# Ashes to Ashes Starring '80s Quattro Debuts on the Beeb



## [email protected] (Apr 9, 2004)

_Ashes to Ashes_, the sequel series to _Life on Mars_ aired this week on the BBC. A time travelling piece where the lead character goes back to he '80s. That's good, because it makes a good reason to also cast an Audi Quattro coupe. That it also stars Keeley Hawes (the voice of Lara Croft in the Tomb Raider games) doesn't hurt either. Alas, it's not being aired in the USA... though maybe it should with the writer's strike and all.
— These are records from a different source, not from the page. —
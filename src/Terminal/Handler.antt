-- ===== src/Terminal/Handler.antt =====
-- `MyHandler` as the engine's handler (src/bin/trithemius-term/main.rs).
use trithemius_p2p.Base.{Option, none, Eq, Outcome, ok, err, ◌⊎◌, inl, inr, text_eq}
use trithemius_p2p.Subscriptions.Queue.{CircularQueue}
use trithemius_p2p.Transports.Tor.{multiaddr_eq}
use trithemius_p2p.Engine.Events.{PackageTypes}
use trithemius_p2p.Engine.Run.{Swarm, Engine, InputEvent, Handler}
use trithemius_p2p.Ui.{World, UiError, input_error, Ui, State}
use trithemius_p2p.Ui.Keys.{Event, handle_input_event}
use trithemius_p2p.Terminal.{Packages}
use trithemius_p2p.Terminal.Events.{see, failure}

module _ {T : PackageTypes} (S : Swarm T) (Q : CircularQueue) (W : World S) (P : Packages S Q)
    ⦃peer_eq : Eq T.PeerId⦄ ⦃query_eq : Eq T.QueryId⦄ where
  -- The fields of `MyHandler` that its methods change or pass on.
  pub record MyHandler : Type 0 where
    pub ui : Ui T Q
    pub renderer : P.Renderer

  abbrev pub After : Type 0 → Type 0
  After A = (MyHandler × Engine S) × Outcome (UiError S) A

  abbrev pub with_ui : {A : Type 0} → P.Renderer → State S Q W × Outcome (UiError S) A → After A
  with_ui renderer ((u, e), o) = ((record { ui = u; renderer = renderer }, e), o)

  -- `event?` and the handling of the event
  unfoldable pub handle_input : MyHandler × Engine S → T.IoError ⊎ Event → After (Option InputEvent)
  handle_input (h, e) (inl x) = ((h, e), err (input_error x))
  handle_input (h, e) (inr event) = with_ui h.renderer (handle_input_event S Q W event (h.ui, e))

  abbrev pub rendered :
      Ui T Q → P.Renderer × (T.IoError ⊎ Unit {0}) → MyHandler × Outcome (UiError S) (Unit {0})
  rendered u (renderer, inl x) = (record { ui = u; renderer = renderer }, err (input_error x))
  rendered u (renderer, inr _) = (record { ui = u; renderer = renderer }, ok tt)

  abbrev pub my_handler : Handler S (T.IoError ⊎ Event) (UiError S)
  my_handler = record {
    State = MyHandler;
    handle_input = handle_input;
    handle_event = λ (h, e) event. ((record h { ui = see S Q W P h.ui event }, e), ok none);
    handle_error = λ h text. record h { ui = failure S Q W P text h.ui };
    update = λ h. rendered h.ui (P.render h.renderer h.ui);
  }
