-- ===== src/Terminal/Chat.antt =====
-- A message on its way: from the input line to gossipsub, and from gossipsub to the queue of its
-- topic.
use trithemius_p2p.Base.{
  ℕ, suc, ◌+◌, ◌≤◌, ◌≡◌, refl, ◌∙◌, Text, text_eq, true, false, Option, none, some, is_some, [], Eq,
  ok, inl, inr, sym, Option-cases, length, is_empty, strip_char, arith,
}
use mathlib.Core.Path.{subst}
use mathlib.Core.Option.{some-injective}
use trithemius_p2p.Base.Map.{lookup, insert}
use trithemius_p2p.Transports.Tor.{multiaddr_eq}
use trithemius_p2p.Subscriptions.Queue.{CircularQueue}
use trithemius_p2p.Subscriptions.{Subscription, ChatMessage, push_message}
use trithemius_p2p.TopicList.{SubscriptionList, current}
use trithemius_p2p.InputLine.{InputLine, reset_input}
use trithemius_p2p.Engine.Events.{PackageTypes, EngineEvent}
use trithemius_p2p.Engine.Events
use trithemius_p2p.Engine.Run.{Swarm, Engine, message, turn, input, goes_on, on_input}
use trithemius_p2p.Engine.Queue.{IsObserver, see_all, drain_all}
use trithemius_p2p.Ui.{World, Ui}
use trithemius_p2p.Ui.Keys.{key, enter, KeyModifiers, handle_input_event, handle_key, enter_key}
use trithemius_p2p.Ui.InSync.{Gossipsub, InSync}
use trithemius_p2p.Ui.InSync.Changes.{Agree-line}
use trithemius_p2p.Ui.InSync.Keys.{sent_from, send_message_lem}
use trithemius_p2p.Terminal.{Packages}
use trithemius_p2p.Terminal.Events.{see, receive, react, reaction}
use trithemius_p2p.Terminal.Handler.{MyHandler, handle_input, my_handler}

module _ {T : PackageTypes} (S : Swarm T) (Q : CircularQueue) (W : World S) (P : Packages S Q)
    (G : Gossipsub S) ⦃peer_eq : Eq T.PeerId⦄ ⦃query_eq : Eq T.QueryId⦄ where
  -- No event makes the terminal's handler fail or change the engine.
  abbrev pub observes : IsObserver (my_handler S Q W P)
  observes = record {
    see = λ h event. record h { ui = see S Q W P h.ui event };
    handle_event_see = λ h e event. refl;
  }

  abbrev pub cleared : Ui T Q → Ui T Q
  cleared u = record u { line = record { input = []; input_cursor = 0 } }

  pub reset_full :
      (l : InputLine)
      → is_empty l.input ≡ false
      → reset_input l ≡ (record { input = []; input_cursor = 0 }, some l.input)
  unfolding reset_input
  reset_full l h = rw h refl

  -- Where the parts agree and a tab is selected, Enter on a line that is not empty and no command
  -- clears it and sends its text to the topic of the tab.
  pub enter_sends :
      (k : KeyModifiers) (u : Ui T Q) (e : Engine S) {index : ℕ}
      → InSync S Q G (u, e)
      → u.subscription_list.current_index ≡ some index
      → is_empty u.line.input ≡ false
      → strip_char b'/' u.line.input ≡ none
      → (topic : Text) × (s : Subscription Q) × (current u.subscription_list ≡ some topic)
        × (lookup topic u.subscriptions ≡ some s)
        × (handle_input_event S Q W (key enter k) (u, e) ≡ (
          (sent_from S Q W G (cleared u) topic s u.line.input, e),
          ok (some (message topic (W.into_bytes u.line.input))),
        ))
  unfolding handle_input_event handle_key enter_key
  enter_sends k u e h selected full text =
      let (topic, s, c, found, done, _) =
        send_message_lem S Q W G (cleared u) e u.line.input (Agree-line h (omega arith)) selected in
      (topic, s, c, found, rw (reset_full u.line full) (rw text done))

  selected_index :
      (tabs : SubscriptionList) {topic : Text}
      → current tabs ≡ some topic
      → (index : ℕ) × (tabs.current_index ≡ some index)
  unfolding current
  selected_index tabs {topic} h = elim (Option-cases tabs.current_index) [
    | inl missing ↦ cc (rw (missing, current) at h)
    | inr found ↦ found
  ]

  enter_sends_to :
      (k : KeyModifiers) (u : Ui T Q) (e : Engine S) {topic : Text}
      → InSync S Q G (u, e)
      → current u.subscription_list ≡ some topic
      → is_empty u.line.input ≡ false
      → strip_char b'/' u.line.input ≡ none
      → (s : Subscription Q) × (lookup topic u.subscriptions ≡ some s)
        × (handle_input_event S Q W (key enter k) (u, e) ≡ (
          (sent_from S Q W G (cleared u) topic s u.line.input, e),
          ok (some (message topic (W.into_bytes u.line.input))),
        ))
  enter_sends_to k u e {topic} h c full text =
      let (index, selected) = selected_index u.subscription_list c in
      let (topic', s, c', found, done) = enter_sends k u e h selected full text in
      subst
        (λ x.
          (s : Subscription Q) × (lookup x u.subscriptions ≡ some s)
          × (handle_input_event S Q W (key enter k) (u, e) ≡ (
            (sent_from S Q W G (cleared u) x s u.line.input, e),
            ok (some (message x (W.into_bytes u.line.input))),
          )))
        (some-injective _ _ (sym c' ∙ c)) (s, found, done)

  -- Where the parts agree, a tab is selected, the screen is drawn, the line is neither empty nor a
  -- command, publishing it on the topic of the tab succeeds, and there is fuel for one step more
  -- than there are queued events, one turn of the loop at an Enter publishes the line's bytes
  -- once, on that topic; the text stands in that topic's queue, the line is empty, the queued
  -- events are handled, and the loop goes on.
  pub enter_publishes :
      (fuel : ℕ) (k : KeyModifiers) (h : MyHandler S Q W P) (e : Engine S) (topic : Text)
      {renderer : P.Renderer} {swarm : S.State} {id : T.MessageId}
      → InSync S Q G (h.ui, e)
      → P.render h.renderer h.ui ≡ (renderer, inr tt)
      → current h.ui.subscription_list ≡ some topic
      → is_empty h.ui.line.input ≡ false
      → strip_char b'/' h.ui.line.input ≡ none
      → suc (length e.event_queue) ≤ fuel
      → S.publish e.swarm topic (W.into_bytes h.ui.line.input) ≡ (swarm, inr id)
      → (s : Subscription Q) × (lookup topic h.ui.subscriptions ≡ some s)
        × (turn S (my_handler S Q W P) fuel (input (inr (key enter k))) (h, e) ≡ (
          (
            see_all S
                (my_handler S Q W P)
                observes
                (record {
                  ui = sent_from S Q W G (cleared h.ui) topic s h.ui.line.input;
                  renderer = renderer;
                })
                e.event_queue,
            record e { swarm = swarm; event_queue = [] },
          ),
          ok goes_on,
        ))
  unfolding turn on_input handle_input
  enter_publishes fuel k h e topic {renderer} {swarm} {id} i r c full text le p =
      let (s, found, done) = enter_sends_to k h.ui e i c full text in
      (
        s,
        found,
        rw (r, done)
            (rw p (
              rw
                (drain_all S (my_handler S Q W P) observes fuel
                  (record {
                    ui = sent_from S Q W G (cleared h.ui) topic s h.ui.line.input;
                    renderer = renderer;
                  })
                  (record e { swarm = swarm }) le)
                refl)),
      )

  -- Where the parts agree, a message that gossipsub delivers on a topic that has been joined is
  -- pushed onto the queue of its topic with its sender; nothing else changes but the count of the
  -- readings of the clock.
  pub see-message :
      (peer : T.PeerId) (relay : Option T.PeerId) (topic : T.TopicHash) (id : Option T.MessageId)
      (number : Option ℕ) (text : Text) (u : Ui T Q) (e : Engine S)
      → InSync S Q G (u, e)
      → G.joined e.swarm (P.show_topic topic) ≡ true
      → let m : ChatMessage = record {
        date = W.local_now u.clock_reads;
        topic = P.show_topic topic;
        user = some (S.show_peer peer);
        message = text;
      } in
        (s : Subscription Q) × (lookup (P.show_topic topic) u.subscriptions ≡ some s)
        × (see S Q W P u (Events.message (some peer) relay topic id number text) ≡ record u {
          subscriptions = insert (P.show_topic topic) (push_message Q s m) u.subscriptions;
          clock_reads = u.clock_reads + 1;
        })
  unfolding reaction react receive
  see-message peer relay topic id number text u e i j =
      let (s, found) =
        is_some-some (lookup (P.show_topic topic) u.subscriptions)
          (i.entries (P.show_topic topic) ∙ j) in
      (s, found, rw found refl)
    where
      is_some-some :
          (o : Option (Subscription Q)) → is_some o ≡ true → (s : Subscription Q) × (o ≡ some s)
      is_some-some none h = cc
      is_some-some (some s) h = (s, refl)
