-- ===== src/Terminal/Commands.antt =====
-- Commands typed into the program, from the key to the end of the turn.
use trithemius_p2p.Base.{
  ◌≡◌, refl, Text, text_eq, codes, false, some, List, ◌∷◌, ◌++◌, Eq, err, inr, is_empty, strip_char,
  to_ascii_lowercase, ℕ,
}
use trithemius_p2p.NetworkAddr.Formats.{AddrError}
use trithemius_p2p.NetworkAddr
use trithemius_p2p.Transports.Tor.{multiaddr_eq}
use trithemius_p2p.Subscriptions.Queue.{CircularQueue}
use trithemius_p2p.Engine.Events.{PackageTypes}
use trithemius_p2p.Engine.Run.{Swarm, Engine, turn, input, on_input}
use trithemius_p2p.Ui.{World, addr_error, Ui}
use trithemius_p2p.Ui.Commands.{handle_command, command_of, run_command}
use trithemius_p2p.Ui.Network.{connect}
use trithemius_p2p.Ui.Keys.{
  key, enter, KeyModifiers, handle_input_event, handle_key, enter_key, split_whitespace,
}
use trithemius_p2p.Ui.InSync.{Gossipsub}
use trithemius_p2p.Terminal.{Packages}
use trithemius_p2p.Terminal.Events.{failure}
use trithemius_p2p.Terminal.Handler.{MyHandler, handle_input, my_handler}
use trithemius_p2p.Terminal.Chat.{cleared, reset_full}

module _ {T : PackageTypes} (S : Swarm T) (Q : CircularQueue) (W : World S) (P : Packages S Q)
    (G : Gossipsub S) ⦃peer_eq : Eq T.PeerId⦄ ⦃query_eq : Eq T.QueryId⦄ where
  -- A line with a slash first is a command: it is cut at white space, and the first word is the
  -- command's name, in any case.
  pub enter_runs :
      (k : KeyModifiers) (u : Ui T Q) (e : Engine S) {line name : Text} {args : List Text}
      → is_empty u.line.input ≡ false
      → strip_char b'/' u.line.input ≡ some line
      → split_whitespace W.is_whitespace line ≡ name ∷ args
      → handle_input_event S Q W (key enter k) (u, e)
        ≡ run_command S Q W name args
            (command_of S Q W (to_ascii_lowercase name))
            (cleared S Q W P G u, e)
  unfolding handle_input_event handle_key enter_key handle_command
  enter_runs k u e full slash words =
      rw (reset_full S Q W P G u.line full) (rw slash (rw words refl))

  -- Where the screen is drawn, a command `/connect` with an address that does not parse logs the
  -- error and ends the loop with it: nothing is dialled, and the queued events are not handled.
  pub bad_address_ends :
      (fuel : ℕ) (k : KeyModifiers) (h : MyHandler S Q W P) (e : Engine S) {renderer : P.Renderer}
      {line name address : Text} {args : List Text} {x : AddrError}
      → P.render h.renderer h.ui ≡ (renderer, inr tt)
      → is_empty h.ui.line.input ≡ false
      → strip_char b'/' h.ui.line.input ≡ some line
      → split_whitespace W.is_whitespace line ≡ name ∷ address ∷ args
      → to_ascii_lowercase name ≡ codes "connect"
      → NetworkAddr.from_str W.formats address ≡ err x
      → turn S (my_handler S Q W P) fuel (input (inr (key enter k))) (h, e) ≡ (
        (
          record {
            ui =
                failure S Q W P
                  (codes "Error parsing network address: " ++ W.show_addr_error x)
                  (cleared S Q W P G h.ui);
            renderer = renderer;
          },
          e,
        ),
        err (addr_error x),
      )
  unfolding turn on_input handle_input connect text_eq
  bad_address_ends fuel k h e r full slash words name bad =
      rw (r, enter_runs k h.ui e full slash words) (rw name (rw bad refl))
Anyway, here are a few useful links if you're interested....
BBC Press Release: http://www.fourtitude.com/news...shtml
Wikipedia Entry: http://en.wikipedia.org/wiki/A...eries)
Ashes to Ashes Trailer on YouTube: http://www.youtube.com/watch?v=Zr5UhP58qgE


----------



## Sepp (Dec 10, 2002)

*Re: Ashes to Ashes Starring '80s Quattro Debuts on the Beeb ([email protected])*

This show will do 3 things for the urQ.

Raise the public awareness on the car
Raise the resale value.
Raise the number of thefts

I personally can't wait to see it.


----------